Roger Gastman co-authored the 2011 book, The History of American Graffiti, and was a consulting producer on the Banksy documentary, Exit Through the Gift Shop. While he acknowledges the importance of 5 Pointz as a “great, safe outlet for so many artists,” and a particularly special venue for the old timers like Snake to get together and paint, he notes that what took place at 5 Pointz was separate from actual graffiti culture. He argues that its demise, while sad, won’t have much of an effect on the scene.

“Graffiti is a visual crime,” says Gastman. “Graffiti, at its purest form, is illegal, going out, writing names on rooftops, trains, etc. for the sake of fame.”

“Graffiti can make areas look more ‘urban’ and ‘rough,’ places people don’t want to see. An easy way to pick up property value is to clean up graffiti,” says Gastman. “As cities continue to combat certain areas it makes graffiti writers get more creative, climb higher, spread out to new neighborhoods, figure out new ways to do it.”

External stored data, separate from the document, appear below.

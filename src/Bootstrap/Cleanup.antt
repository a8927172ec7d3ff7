-- ===== src/Bootstrap/Cleanup.antt =====
-- What InitializeDatabase leaves when it fails: neither a database user nor a credential.
use goedge_ip_cert.Prelude.{◌≡◌, refl, String, Bool, true, false, Option, none, some}
use goedge_ip_cert.Error.{Error}
use goedge_ip_cert.Action.{Action, fail, on_option, ◌>>=◌, ◌>>◌}
use goedge_ip_cert.Action.Keeps.{
  Keeps, Keeps-bind, Keeps-lift_option, Keeps-refuse_if, Keeps-wrap_error, Keeps-pass,
}
use goedge_ip_cert.Action.Ends.{
  Outcome, Ends, Ends-bind, Ends-attempt, Ends-Keeps, Ends-pass, Ends-fail, Ends-if, Ends-on,
}
use goedge_ip_cert.Bootstrap.{
  GoEdgeDbConfig, Machine, Calls, step, faulty, set_credential, set_database_file, set_user,
  write_private, write_public, remove_credential, drop_user, verify_runtime_dsn, confirm_credential,
  grant_and_write, create_runtime_user, get, load_db_config, least_privilege_sql, initialize_new,
  initialize_database, keep_existing,
}

some≢none : {text : String} → some text ≡ none → ⊥
some≢none h = cc

-- Predicates on the credential and on whether MySQL has the user.
unfoldable pub Clean : Option String → Bool → Type 0
Clean credential has_user = (credential ≡ none) × (has_user ≡ false)

pub UserOnly : Option String → Bool → Type 0
UserOnly credential has_user = (credential ≡ none) × (has_user ≡ true)

pub Ready : Option String → Bool → Type 0
Ready credential has_user = ((text : String) × (credential ≡ some text)) × (has_user ≡ true)

unfoldable pub On : {X : Type 0} → (Option String → Bool → Type 0) → Machine X → Type 0
On p s = p s.credential s.has_user

module _ {X : Type 0} (calls : Calls X) (p : Option String → Bool → Type 0) where
  Keeps-step : {A : Type 0} (m : Action X A) → Keeps (On p) (step calls m)
  unfolding step On
  Keeps-step m = record { at = λ s h. h }

  Keeps-faulty : (f : X → Option Error × X) → Keeps (On p) (faulty calls f)
  unfolding faulty On
  Keeps-faulty f = record { at = λ s h. (Keeps-lift_option {P = On p} (f s.outside).0).at _ h }

  Keeps-verify_runtime_dsn : (dsn : String) → Keeps (On p) (verify_runtime_dsn calls dsn)
  unfolding verify_runtime_dsn
  Keeps-verify_runtime_dsn dsn =
      Keeps-bind _ _ (Keeps-step _) (λ _. Keeps-bind _ _ (Keeps-step _) (λ _. Keeps-refuse_if _ _))

  Keeps-write_public : (text : String) → Keeps (On p) (write_public calls text)
  unfolding write_public set_database_file On
  Keeps-write_public text = Keeps-bind _ _ (Keeps-faulty _) (λ _. record { at = λ s h. h })

  Keeps-load_db_config : Keeps (On p) (load_db_config calls)
  unfolding load_db_config
  Keeps-load_db_config = Keeps-bind _ _ (Keeps-wrap_error _ _ (Keeps-step _)) (λ config.
      Keeps-bind _ _ (Keeps-refuse_if _ _)
        (λ _. Keeps-bind _ _ (Keeps-refuse_if _ _) (λ _. Keeps-pass config)))

module _ {X : Type 0} (calls : Calls X) where
  Ends-write_private :
      (text : String) → Ends (On UserOnly) (On Ready) (On UserOnly) (write_private calls text)
  unfolding write_private set_credential On Outcome Ready UserOnly
  Ends-write_private text =
      Ends-bind (On UserOnly) _ _ (Ends-Keeps _ (Keeps-faulty calls UserOnly _))
        (λ _. record { at = λ s h. ((text, refl), h.1) })

  -- A step before which there is nothing to clean up.
  quiet :
      {A B : Type 0} {m : Action (Machine X) A} {f : A → Action (Machine X) B}
      → Keeps (On Clean) m
      → ((a : A) → Ends (On Clean) (On Ready) (On Clean) (f a))
      → Ends (On Clean) (On Ready) (On Clean) (m >>= f)
  quiet k kf = Ends-bind (On Clean) _ _ (Ends-Keeps _ k) kf

  without_credential :
      (o : Option String) (m : Action (Machine X) (Unit {0}))
      (f : String → Action (Machine X) (Unit {0}))
      → o ≡ none
      → Ends (On Clean) (On Ready) (On Clean) m
      → Ends (On Clean) (On Ready) (On Clean) (on_option o m f)
  without_credential none m f h k = k
  without_credential (some text) m f h k = absurd (some≢none h)

  Ends-set_user : Ends (On Clean) (On UserOnly) (On Clean) (set_user calls true)
  unfolding set_user On Outcome Clean UserOnly
  Ends-set_user = record { at = λ s h. (h.0, refl) }

  -- os.Remove does not fail.
  module _ (removes : (x : X) → (calls.remove_fault x).0 ≡ none) where
    remove_credential-UserOnly :
        (s : Machine X)
        → On Ready s
        → Outcome (On UserOnly) (On UserOnly) (remove_credential calls s)
    unfolding remove_credential set_credential faulty ◌>>=◌ On Outcome Ready UserOnly
    remove_credential-UserOnly s h = rw (removes s.outside) (refl, h.1)

    Ends-remove :
        {A : Type 0} (e : Error)
        → Ends {A = A} (On Ready) (On Ready) (On UserOnly) (remove_credential calls >> fail e)
    Ends-remove e =
        Ends-bind (On UserOnly) _ _ (record { at = remove_credential-UserOnly }) (λ _. Ends-fail e)

    Ends-confirm_credential :
        (with_database : Bool) (config : GoEdgeDbConfig) (dsn : String)
        → Ends
            (On Ready)
            (On Ready)
            (On UserOnly)
            (confirm_credential calls with_database config dsn)
    unfolding confirm_credential
    Ends-confirm_credential with_database config dsn =
        Ends-attempt (On Ready) (On Ready) _ _ _
          (Ends-Keeps _ (Keeps-verify_runtime_dsn calls Ready dsn))
          (λ _.
            Ends-if with_database _ _
              (Ends-attempt (On Ready) (On Ready) _ _ _
                (Ends-Keeps _ (Keeps-write_public calls Ready _)) (λ _. Ends-pass tt) Ends-remove)
              (Ends-pass tt))
          Ends-remove

    Ends-grant_and_write :
        (with_database : Bool) (config : GoEdgeDbConfig) (password : String)
        → Ends
            (On UserOnly)
            (On Ready)
            (On UserOnly)
            (grant_and_write calls with_database config password)
    unfolding grant_and_write
    Ends-grant_and_write with_database config password =
        Ends-bind (On UserOnly) _ _ (Ends-Keeps _ (Keeps-faulty calls UserOnly _)) (λ _.
          Ends-bind (On Ready) _ _ (Ends-write_private _)
            (λ _. Ends-confirm_credential with_database config _))

    -- MySQL drops the user when it is asked to.
    module _ (drops : (x : X) → (calls.exec_fault "DROP USER" x).0 ≡ none) where
      drop_user-Clean :
          (s : Machine X) → On UserOnly s → Outcome (On Clean) (On Clean) (drop_user calls s)
      unfolding drop_user set_user faulty ◌>>=◌ On Outcome Clean UserOnly
      drop_user-Clean s h = rw (drops s.outside) (h.0, refl)

      Ends-drop :
          {A : Type 0} (e : Error)
          → Ends {A = A} (On UserOnly) (On Ready) (On Clean) (drop_user calls >> fail e)
      Ends-drop e = Ends-bind (On Clean) _ _ (record { at = drop_user-Clean }) (λ _. Ends-fail e)

      Ends-create_runtime_user :
          (with_database : Bool) (config : GoEdgeDbConfig) (password : String)
          → Ends
              (On Clean)
              (On Ready)
              (On Clean)
              (create_runtime_user calls with_database config password)
      unfolding create_runtime_user
      Ends-create_runtime_user with_database config password =
          Ends-bind (On Clean) _ _ (Ends-Keeps _ (Keeps-faulty calls Clean _)) (λ _.
            Ends-bind (On UserOnly) _ _ (Ends-set_user) (λ _.
              Ends-attempt (On Ready) (On UserOnly) _ _ _
                (Ends-grant_and_write with_database config password) (λ _. Ends-pass tt) Ends-drop))

      Ends-initialize_new :
          (with_database : Bool)
          → Ends (On Clean) (On Ready) (On Clean) (initialize_new calls with_database)
      unfolding initialize_new get
      Ends-initialize_new with_database = quiet (Keeps-load_db_config calls Clean) (λ config.
          quiet (Keeps-step calls Clean _) (λ _. quiet (Keeps-step calls Clean _) (λ _.
            quiet (Keeps-refuse_if _ _) (λ _. quiet (Keeps-faulty calls Clean _) (λ _.
              quiet (record { at = λ s h. h })
                (λ _. quiet (Keeps-refuse_if _ _) (λ _.
                  quiet (Keeps-step calls Clean _) (λ password.
                    Ends-on (least_privilege_sql config.database password) _ _
                      (λ _. Ends-create_runtime_user with_database config password)
                      (λ e. Ends-fail e)))))))))

      first_installation :
          (with_database : Bool)
          → Ends (On Clean) (On Ready) (On Clean) (
              get calls >>= λ machine.
              on_option machine.credential
                (initialize_new calls with_database)
                (λ text. keep_existing calls with_database text))
      unfolding ◌>>=◌ get On Clean
      first_installation with_database = record {
        at = λ s h.
            (without_credential s.credential _ _ h.0 (Ends-initialize_new with_database)).at s h;
      }

  -- From a machine with neither a credential nor the database user, InitializeDatabase ends with both
  -- when it returns no error, and with neither when it returns one, if neither os.Remove nor the
  -- DROP USER fails.
  pub initialize_database-Outcome :
      (with_database : Bool) (s : Machine X)
      → ((x : X) → (calls.remove_fault x).0 ≡ none)
      → ((x : X) → (calls.exec_fault "DROP USER" x).0 ≡ none)
      → On Clean s
      → Outcome (On Ready) (On Clean) (initialize_database calls with_database s)
  unfolding initialize_database
  initialize_database-Outcome with_database s removes drops h =
      (quiet (Keeps-faulty calls Clean _) (λ _. first_installation removes drops with_database)).at
        s h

Craig Mathis, the manager of Powerhouse Arena, a gallery that has hosted several graffiti exhibitions, sees a lot of artists struggle with the idea of embracing gallery culture. “They think they’re selling out as opposed to just amplifying their work,” he says.

New York’s clean train movement “forced those guys to decide what they were going to do with their lives, if they were going to pursue school, become adults, or find another canvas.”

“There’s been a lot of attempts to co-opt the culture for marketing, advertising, clothing,” notes Maths, pointing to people like Marc Ecko and KAWS, who redesigned the MTV moon man for this year’s VMAs, as examples of graffiti artists who’ve made that transition.

“People like getting fame, financial rewards. It’s like how hardcore punk was and what it’s become,” Mathis says. “Bands that would never play a corporate sponsored showcase now have no problem doing South by Southwest.”

“Graffiti is a tough lifestyle, it’s about getting by. People might know someone’s work, but they’re not making money off of it,” Mathis says, recalling one 70s graffiti icon who he ran into on St. Marks Place selling copies of his book and drinking beer at 8 a.m., homeless. “A lot of these guys see the futility of continuing to go out there and do their thing, possibly getting jail time, get a felony. What do you do after that?”

Other options, like fashion, graphic design, or tattooing, are ways that they can “pursue their art that don’t involve getting chased through a subway tunnel in the middle of the night.”

Mathis respects the fact that 5 Pointz existed in the first place, but his biggest lament is the fact that the old graffiti writers who were once memorialized on the warehouse’s walls are once again anonymous.

“Everything in New York changes, I’m not surprised,” he says. “It’s one of those things, something is a part of life here and all of a sudden it’s gone.”

Snake is hopeful that a new safe haven for graffiti will emerge in the wake of 5 Pointz, as more than anything he considers such places important for keeping young kids who want to paint out of trouble. Still, despite all the changes his city and his art have seen since Snake was 13, the graffiti game, at its core, is still the same: the objective is to spread your name. “It’s like a disease,” he says.”